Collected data
_ _ _

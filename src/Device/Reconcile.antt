-- ===== src/Device/Reconcile.antt =====
-- internal/device/sqlite.go: Reconcile, which binds an observation to a device.
pub mod Candidates
pub mod Steps
pub mod Integrity
pub mod Strong
pub mod Signals
pub mod Recorded
pub mod Matching
use safe_play_guardian.Prelude.{
  ℕ, suc, leb, String, Bool, true, false, not, ◌&&◌, ◌==◌, string_eq, nat_eq, Option, none, some,
  List, [], ◌∷◌, ◌++◌, map, if◌then◌else◌,
}
use Prim.Native.String
use safe_play_guardian.Device.Model.{
  state_active, state_discovered, IdentityKind, identity_mac, identity_ip, identity_hostname,
  identity_agent, Device, Observation,
}
use safe_play_guardian.Device.Mac.{is_randomized_mac}
use safe_play_guardian.Device.Rows.{first_where, where_, pending_row, last_seen_row}
use safe_play_guardian.Device.Registry.{touch_identity, add_capability, upsert}
use safe_play_guardian.Store.Tables.{DeviceRow, IdentityRow, PendingMergeRow, Tables}
use safe_play_guardian.Store.Exec.{
  World, Result, ok, err, Db, M, ◌>>=◌, ◌>>◌, return, raise, each, query, exec, clock, visit_keys,
}

abbrev pub token_is : String → Option String → Bool
token_is token none = false
token_is token (some t) = t == token

abbrev pub owner_by_token : String → List DeviceRow → Option String
owner_by_token token rows =
    elim (first_where (λ (d : DeviceRow). token_is token d.agent_token) rows) [
      | none ↦ none
      | some d ↦ some d.id
    ]

abbrev pub has_identity : IdentityKind → String → IdentityRow → Bool
has_identity kind value r = r.kind == kind && r.value == value

abbrev pub owner_by_identity : IdentityKind → String → List IdentityRow → Option String
owner_by_identity kind value rows = elim (first_where (has_identity kind value) rows) [
  | none ↦ none
  | some r ↦ some r.device_id
]

-- SELECT DISTINCT device_id
unfoldable pub distinct : List String → List String
distinct [] = []
distinct (x ∷ xs) = x ∷ where_ (λ y. not (y == x)) (distinct xs)

abbrev pub owners : IdentityKind → String → List IdentityRow → List String
owners kind value rows =
    distinct (map (λ (r : IdentityRow). r.device_id) (where_ (has_identity kind value) rows))

-- hits[id]++ on a map from identities to counts.
unfoldable pub hit : List (String × ℕ) → String → List (String × ℕ)
hit [] id = (id, 1) ∷ []
hit ((k, n) ∷ hits) id = if k == id then (k, suc n) ∷ hits else (k, n) ∷ hit hits id

unfoldable pub hit_all : List (String × ℕ) → List String → List (String × ℕ)
hit_all hits [] = hits
hit_all hits (id ∷ ids) = hit_all (hit hits id) ids

unfoldable pub count_of : List (String × ℕ) → String → ℕ
count_of [] id = 0
count_of ((k, n) ∷ hits) id = if k == id then n else count_of hits id

-- The weak signals of an observation, in the order of the source.
unfoldable pub weak_pairs : Observation → List (IdentityKind × String)
weak_pairs obs =
    (if obs.ip == "" then [] else (identity_ip, obs.ip) ∷ [])
    ++ ((if obs.hostname == "" then [] else (identity_hostname, obs.hostname) ∷ [])
        ++ (if not (obs.mac == "") && is_randomized_mac obs.mac
            then (identity_mac, obs.mac) ∷ []
            else []))

-- The label of a device made from an observation.
unfoldable pub label_of : Observation → String
label_of obs =
    if not (obs.label == "")
    then obs.label
    else if not (obs.hostname == "")
    then obs.hostname
    else if not (obs.agent_id == "")
    then String.◌++◌ "agent:" obs.agent_id
    else if not (obs.mac == "")
    then String.◌++◌ "mac:" obs.mac
    else "unknown device"

unfoldable pub device_of : Observation → ℕ → Device
device_of obs seen = record {
  id = "";
  person_id = none;
  label = label_of obs;
  kind = if obs.kind == "" then "unknown" else obs.kind;
  agent_token = none;
  state = if obs.source == "scan" then state_discovered else state_active;
  last_seen = some seen;
  identities = [];
  caps = [];
}

module _ (w : World) where
  -- findDeviceByAgentToken
  unfoldable pub find_device_by_agent_token : String → M (Option String)
  find_device_by_agent_token token = query w (λ t. owner_by_token token t.devices)

  -- findByIdentity
  unfoldable pub find_by_identity : IdentityKind → String → M (Option String)
  find_by_identity kind value = query w (λ t. owner_by_identity kind value t.network_identities)

  unfoldable pub weak_hits_from :
      List (String × ℕ) → List (IdentityKind × String) → M (List (String × ℕ))
  weak_hits_from hits [] = return hits
  weak_hits_from hits ((kind, value) ∷ pairs) =
      query w (λ t. owners kind value t.network_identities) >>= λ ids.
      weak_hits_from (hit_all hits ids) pairs

  -- findWeakHits
  unfoldable pub find_weak_hits : Observation → M (List (String × ℕ))
  find_weak_hits obs = weak_hits_from [] (weak_pairs obs)

  -- obs.SeenAt, or the clock if that is the zero time.
  unfoldable pub seen_of : Observation → M ℕ
  seen_of obs = if obs.seen_at == 0 then clock w else return obs.seen_at

  -- An identity is recorded unless its value is empty.
  unfoldable pub touch_unless_empty : String → IdentityKind → String → ℕ → M (Unit {0})
  touch_unless_empty id kind value seen =
      if value == "" then return tt else touch_identity w id kind value seen

  -- mergeObservation
  unfoldable pub merge_observation : String → Observation → M (Unit {0})
  unfolding seen_of touch_unless_empty
  merge_observation id obs = do
    seen ← seen_of obs
    touch_unless_empty id identity_agent obs.agent_id seen
    touch_unless_empty id identity_mac obs.mac seen
    touch_unless_empty id identity_ip obs.ip seen
    touch_unless_empty id identity_hostname obs.hostname seen
    if obs.source == "agent" then each (add_capability w id) obs.caps else return tt
    exec w (last_seen_row seen id)

  -- createFromObservation
  unfoldable pub create_from_observation : Observation → M String
  unfolding merge_observation
  create_from_observation obs = do
    seen ← seen_of obs
    created ← upsert w (device_of obs seen)
    merge_observation created.id obs
    return created.id

  -- createPendingMerge
  unfoldable pub create_pending_merge : String → List String → M (Unit {0})
  create_pending_merge source_id candidates =
      exec w (pending_row (record { source_device_id = source_id; candidate_ids = candidates }))

  -- The three strong matches, each tried only if the observation carries its signal.
  unfoldable pub by_token : Observation → M (Option String)
  by_token obs =
      if obs.agent_token == "" then return none else find_device_by_agent_token obs.agent_token

  unfoldable pub by_agent : Observation → M (Option String)
  by_agent obs =
      if obs.agent_id == "" then return none else find_by_identity identity_agent obs.agent_id

  unfoldable pub by_mac : Observation → M (Option String)
  by_mac obs =
      if not (obs.mac == "") && not (is_randomized_mac obs.mac)
      then find_by_identity identity_mac obs.mac
      else return none

  abbrev pub found_or : M (Option String) → Option String → M (Option String)
  found_or next (some id) = return (some id)
  found_or next none = next

  unfoldable pub strong_match : Observation → M (Option String)
  strong_match obs = by_token obs >>= found_or (by_agent obs >>= found_or (by_mac obs))

  -- The devices that at least two weak signals point to.
  unfoldable pub confident : List (String × ℕ) → M (List String)
  confident hits = do
    keys ← visit_keys w (map (λ (h : String × ℕ). h.0) hits)
    return (where_ (λ id. leb 2 (count_of hits id)) keys)

  -- The end of reconcileImpl, by the number of confident candidates.
  unfoldable pub settle : Observation → List String → M String
  settle obs [] = create_from_observation obs
  settle obs (id ∷ []) = do merge_observation id obs; return id
  settle obs (id ∷ other ∷ more) = do
    new_id ← create_from_observation obs
    create_pending_merge new_id (id ∷ other ∷ more)
    return new_id

  unfoldable pub reconcile_weak : Observation → M String
  reconcile_weak obs = do
    hits ← find_weak_hits obs
    candidates ← confident hits
    settle obs candidates

  unfoldable pub merge_or_weak : Observation → Option String → M String
  merge_or_weak obs (some id) = do merge_observation id obs; return id
  merge_or_weak obs none = reconcile_weak obs

  -- reconcileImpl
  unfoldable pub reconcile_impl : Observation → M String
  reconcile_impl obs = strong_match obs >>= merge_or_weak obs

  -- The hook runs after a success, and its errors are its own.
  abbrev pub observed :
      Option (String → Observation → M (Unit {0}))
      → Observation
      → Result String × Db
      → Result String × Db
  observed hook obs (err e, s) = (err e, s)
  observed none obs (ok id, s) = (ok id, s)
  observed (some h) obs (ok id, s) = (ok id, (h id obs s).1)

  -- Reconcile
  unfoldable pub reconcile : Option (String → Observation → M (Unit {0})) → Observation → M String
  reconcile hook obs s = observed hook obs (reconcile_impl obs s)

_ _ _

▸ **WHAT THIS TASK INVOLVES**
Look over the data above and show each line that contains "Store".

▸ **EXERCISE OUTPUT**
use safe_play_guardian.Store.Tables.{DeviceRow, IdentityRow, PendingMergeRow, Tables}
use safe_play_guardian.Store.Exec.{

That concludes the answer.